■ EXERCISE: Every line below that contains the word "many" must be copied.

■ RAW DATA:

--------------------------------

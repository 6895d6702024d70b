-- ===== src/Kv/Log/Merged.antt =====
-- The rounds of `mm_recover_mm_blocks` over the queues of the servers end, and lose no subblock.
use fusee_fs.Prelude.{
  ℕ, zero, suc, ◌+◌, ◌<◌, ◌≤◌, ◌≡◌, refl, sym, ap, ◌∙◌, Bool, Option, some, List, [], ◌∷◌, ◌++◌,
  length, drop, length-drop, arith, if◌then◌else◌,
}
use fusee_fs.Kv.Subblocks.{SubblockInfo}
use fusee_fs.Kv.Log.Recovery.{front, fronts, without_fronts, behind, after_round, merge}

front_none : (q more : List SubblockInfo) → length q ≤ 0 → front q more ≡ more
unfolding front
front_none [] more h = refl
front_none (s ∷ q) more h = absurd (omega (arith, h))

front_rest : (q more : List SubblockInfo) → front q more ≡ [] → (q ≡ []) × (more ≡ [])
unfolding front
front_rest [] more h = (refl, h)
front_rest (s ∷ q) more h = absurd cc

module _ (p : SubblockInfo → Bool) where
  -- How many subblocks of a list pass the test.
  unfoldable pub count_of : List SubblockInfo → ℕ
  count_of [] = 0
  count_of (s ∷ q) = (if p s then 1 else 0) + count_of q

  pub count_of-append : (q r : List SubblockInfo) → count_of (q ++ r) ≡ count_of q + count_of r
  unfolding count_of
  count_of-append [] r = omega arith
  count_of-append (s ∷ q) r = omega (arith, count_of-append q r)

  -- How many there are in the queues of `n` servers from `i` on.
  unfoldable pub total : ℕ → ℕ → (ℕ → List SubblockInfo) → ℕ
  unfolding count_of
  total zero i queues = 0
  total (suc n) i queues = count_of (queues i) + total n (i + 1) queues

  count_of-front :
      (q more : List SubblockInfo)
      → count_of (front q more) + count_of (drop 1 q) ≡ count_of q + count_of more
  unfolding count_of front
  count_of-front [] more = omega arith
  count_of-front (s ∷ q) more = omega arith

  total-fronts :
      (n i : ℕ) (queues : ℕ → List SubblockInfo)
      → total n i queues ≡ count_of (fronts n i queues) + total n i (without_fronts queues)
  unfolding total count_of fronts without_fronts
  total-fronts zero i queues = refl
  total-fronts (suc n) i queues =
      omega
        (arith, total-fronts n (i + 1) queues, count_of-front (queues i) (fronts n (i + 1) queues))

  total_empty :
      (n i : ℕ) (queues : ℕ → List SubblockInfo) → fronts n i queues ≡ [] → total n i queues ≡ 0
  unfolding total count_of fronts
  total_empty zero i queues h = refl
  total_empty (suc n) i queues h =
      let (own, rest) = front_rest (queues i) (fronts n (i + 1) queues) h in
      let none_here : count_of (queues i) ≡ 0 = ap count_of own in
      omega (arith, none_here, total_empty n (i + 1) queues rest)

  fronts_empty :
      (n i : ℕ) (queues : ℕ → List SubblockInfo)
      → ((j : ℕ) → j < i + n → length (queues j) ≤ 0)
      → fronts n i queues ≡ []
  unfolding fronts
  fronts_empty zero i queues h = refl
  fronts_empty (suc n) i queues h =
      front_none (queues i) (fronts n (i + 1) queues) (h i (omega arith))
      ∙ fronts_empty n (i + 1) queues (λ j low. h j (omega (arith, low)))

  after_round-total :
      (n : ℕ) (queues : ℕ → List SubblockInfo) (taken : List SubblockInfo)
      (rest : Option (List SubblockInfo))
      → fronts n 0 queues ≡ taken
      → (r : List SubblockInfo) × (rest ≡ some r) × (count_of r ≡ total n 0 (without_fronts queues))
      → (r : List SubblockInfo) × (after_round taken rest ≡ some r)
        × (count_of r ≡ total n 0 queues)
  unfolding after_round behind count_of
  after_round-total n queues [] rest h (r, e, c) = ([], refl, sym (total_empty n 0 queues h))
  after_round-total n queues (s ∷ taken) rest h (r, e, c) =
      let split : total n 0 queues ≡ count_of (s ∷ taken) + total n 0 (without_fronts queues) =
        rw h at (total-fronts n 0 queues) in
      ((s ∷ taken) ++ r, rw e refl, omega (arith, split, c, count_of-append (s ∷ taken) r))

  -- With more fuel than any queue is long, the rounds end, with as many subblocks as the queues had.
  pub merge-total :
      (fuel n : ℕ) (queues : ℕ → List SubblockInfo)
      → ((j : ℕ) → j < n → length (queues j) ≤ fuel)
      → (r : List SubblockInfo) × (merge (suc fuel) n queues ≡ some r)
        × (count_of r ≡ total n 0 queues)
  unfolding merge after_round count_of without_fronts
  merge-total zero n queues h =
      let over = fronts_empty n 0 queues (λ j low. h j (omega (arith, low))) in
      rw over ([], refl, sym (total_empty n 0 queues over))
  merge-total (suc fuel) n queues h =
      after_round-total n queues (fronts n 0 queues) (merge (suc fuel) n (without_fronts queues))
        refl
        (merge-total fuel n (without_fronts queues)
          (λ j low. omega (arith, h j low, length-drop 1 (queues j))))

--------------------------------

■ RESPONSE TO THE TASK:
  -- How many subblocks of a list pass the test.
  -- How many there are in the queues of `n` servers from `i` on.
  -- With more fuel than any queue is long, the rounds end, with as many subblocks as the queues had.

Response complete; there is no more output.